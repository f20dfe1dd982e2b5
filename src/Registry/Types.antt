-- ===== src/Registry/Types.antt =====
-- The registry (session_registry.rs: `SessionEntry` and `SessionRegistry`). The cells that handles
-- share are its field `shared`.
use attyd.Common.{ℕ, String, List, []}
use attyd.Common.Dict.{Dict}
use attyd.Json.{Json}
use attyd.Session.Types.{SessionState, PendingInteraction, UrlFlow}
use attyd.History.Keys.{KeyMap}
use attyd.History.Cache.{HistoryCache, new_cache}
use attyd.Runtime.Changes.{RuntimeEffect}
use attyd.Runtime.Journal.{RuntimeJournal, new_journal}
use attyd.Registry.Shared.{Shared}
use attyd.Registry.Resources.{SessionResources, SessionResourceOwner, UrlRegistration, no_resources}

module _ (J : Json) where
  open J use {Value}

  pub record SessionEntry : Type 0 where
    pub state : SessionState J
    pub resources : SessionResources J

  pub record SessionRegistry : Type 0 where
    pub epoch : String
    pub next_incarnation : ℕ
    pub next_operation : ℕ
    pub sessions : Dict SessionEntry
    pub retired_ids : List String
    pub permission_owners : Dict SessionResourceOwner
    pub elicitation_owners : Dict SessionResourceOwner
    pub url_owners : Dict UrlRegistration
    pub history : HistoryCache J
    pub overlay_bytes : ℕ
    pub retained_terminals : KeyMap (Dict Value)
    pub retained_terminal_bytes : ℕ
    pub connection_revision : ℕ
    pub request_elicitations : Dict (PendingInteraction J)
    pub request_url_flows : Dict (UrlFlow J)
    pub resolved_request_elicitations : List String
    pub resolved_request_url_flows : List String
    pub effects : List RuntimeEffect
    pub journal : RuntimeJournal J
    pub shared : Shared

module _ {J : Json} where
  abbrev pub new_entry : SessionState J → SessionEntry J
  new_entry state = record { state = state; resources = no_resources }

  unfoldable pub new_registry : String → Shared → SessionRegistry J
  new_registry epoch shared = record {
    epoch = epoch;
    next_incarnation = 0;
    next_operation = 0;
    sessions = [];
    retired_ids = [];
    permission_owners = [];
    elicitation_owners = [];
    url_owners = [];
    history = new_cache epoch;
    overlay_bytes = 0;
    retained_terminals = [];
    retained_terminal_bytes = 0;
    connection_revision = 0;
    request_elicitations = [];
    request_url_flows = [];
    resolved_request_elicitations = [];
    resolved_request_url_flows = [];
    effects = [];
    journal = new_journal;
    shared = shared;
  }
* * * * *
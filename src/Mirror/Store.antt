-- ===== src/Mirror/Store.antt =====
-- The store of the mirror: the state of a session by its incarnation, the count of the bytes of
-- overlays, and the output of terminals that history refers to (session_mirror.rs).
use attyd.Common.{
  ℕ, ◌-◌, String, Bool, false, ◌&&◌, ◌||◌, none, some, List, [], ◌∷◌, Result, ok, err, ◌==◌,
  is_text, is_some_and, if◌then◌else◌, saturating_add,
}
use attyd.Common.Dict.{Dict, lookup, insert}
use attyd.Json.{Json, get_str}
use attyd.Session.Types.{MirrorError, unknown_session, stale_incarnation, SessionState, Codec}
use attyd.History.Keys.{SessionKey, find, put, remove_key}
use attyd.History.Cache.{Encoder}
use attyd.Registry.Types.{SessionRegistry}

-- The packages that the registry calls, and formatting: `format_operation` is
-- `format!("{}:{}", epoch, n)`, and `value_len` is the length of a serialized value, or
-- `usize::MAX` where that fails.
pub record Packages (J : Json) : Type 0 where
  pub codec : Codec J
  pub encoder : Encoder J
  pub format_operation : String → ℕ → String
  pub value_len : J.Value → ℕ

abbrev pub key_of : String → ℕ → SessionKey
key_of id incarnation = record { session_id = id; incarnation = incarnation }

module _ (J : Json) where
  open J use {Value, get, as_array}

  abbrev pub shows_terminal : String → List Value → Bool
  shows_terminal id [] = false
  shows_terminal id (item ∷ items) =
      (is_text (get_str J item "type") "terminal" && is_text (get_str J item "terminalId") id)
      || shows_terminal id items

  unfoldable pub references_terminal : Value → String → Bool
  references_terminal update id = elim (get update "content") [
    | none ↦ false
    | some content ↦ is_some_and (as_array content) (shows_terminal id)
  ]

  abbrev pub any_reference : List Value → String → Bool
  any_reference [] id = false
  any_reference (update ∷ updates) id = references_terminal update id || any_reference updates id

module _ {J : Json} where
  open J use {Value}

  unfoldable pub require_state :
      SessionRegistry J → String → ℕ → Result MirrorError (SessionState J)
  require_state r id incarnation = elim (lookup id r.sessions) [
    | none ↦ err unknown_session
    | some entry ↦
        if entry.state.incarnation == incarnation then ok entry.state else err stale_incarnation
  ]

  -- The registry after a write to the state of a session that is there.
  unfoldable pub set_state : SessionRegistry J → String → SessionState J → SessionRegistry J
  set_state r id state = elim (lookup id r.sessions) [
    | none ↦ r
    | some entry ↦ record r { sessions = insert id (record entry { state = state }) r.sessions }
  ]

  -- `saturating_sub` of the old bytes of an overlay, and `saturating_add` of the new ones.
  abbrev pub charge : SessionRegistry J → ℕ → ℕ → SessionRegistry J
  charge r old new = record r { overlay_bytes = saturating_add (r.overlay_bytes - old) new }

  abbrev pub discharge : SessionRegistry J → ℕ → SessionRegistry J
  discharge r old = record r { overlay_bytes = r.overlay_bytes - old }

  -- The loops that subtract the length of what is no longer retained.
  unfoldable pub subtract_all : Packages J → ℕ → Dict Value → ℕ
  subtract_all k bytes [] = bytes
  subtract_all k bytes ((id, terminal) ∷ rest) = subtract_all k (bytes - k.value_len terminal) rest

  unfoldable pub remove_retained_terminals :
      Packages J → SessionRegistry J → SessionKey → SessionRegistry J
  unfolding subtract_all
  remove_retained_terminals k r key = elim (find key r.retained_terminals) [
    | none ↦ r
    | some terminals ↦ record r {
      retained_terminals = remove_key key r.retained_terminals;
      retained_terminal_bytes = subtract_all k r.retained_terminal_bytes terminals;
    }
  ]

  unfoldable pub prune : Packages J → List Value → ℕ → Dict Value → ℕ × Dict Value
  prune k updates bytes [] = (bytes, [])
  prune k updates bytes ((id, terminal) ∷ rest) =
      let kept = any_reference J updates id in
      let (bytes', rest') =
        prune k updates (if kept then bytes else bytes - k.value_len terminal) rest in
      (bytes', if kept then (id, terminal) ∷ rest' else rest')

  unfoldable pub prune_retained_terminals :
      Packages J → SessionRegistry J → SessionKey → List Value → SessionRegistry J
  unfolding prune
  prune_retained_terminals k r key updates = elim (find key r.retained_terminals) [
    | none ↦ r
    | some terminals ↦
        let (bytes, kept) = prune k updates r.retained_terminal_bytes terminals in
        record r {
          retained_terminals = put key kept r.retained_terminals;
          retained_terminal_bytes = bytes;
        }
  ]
* * * * *
## Work to be completed
Scan the material above. Return every line containing the string "Keys".

## Answer for this exercise
use attyd.History.Keys.{KeyMap}
use attyd.History.Keys.{SessionKey, find, put, remove_key}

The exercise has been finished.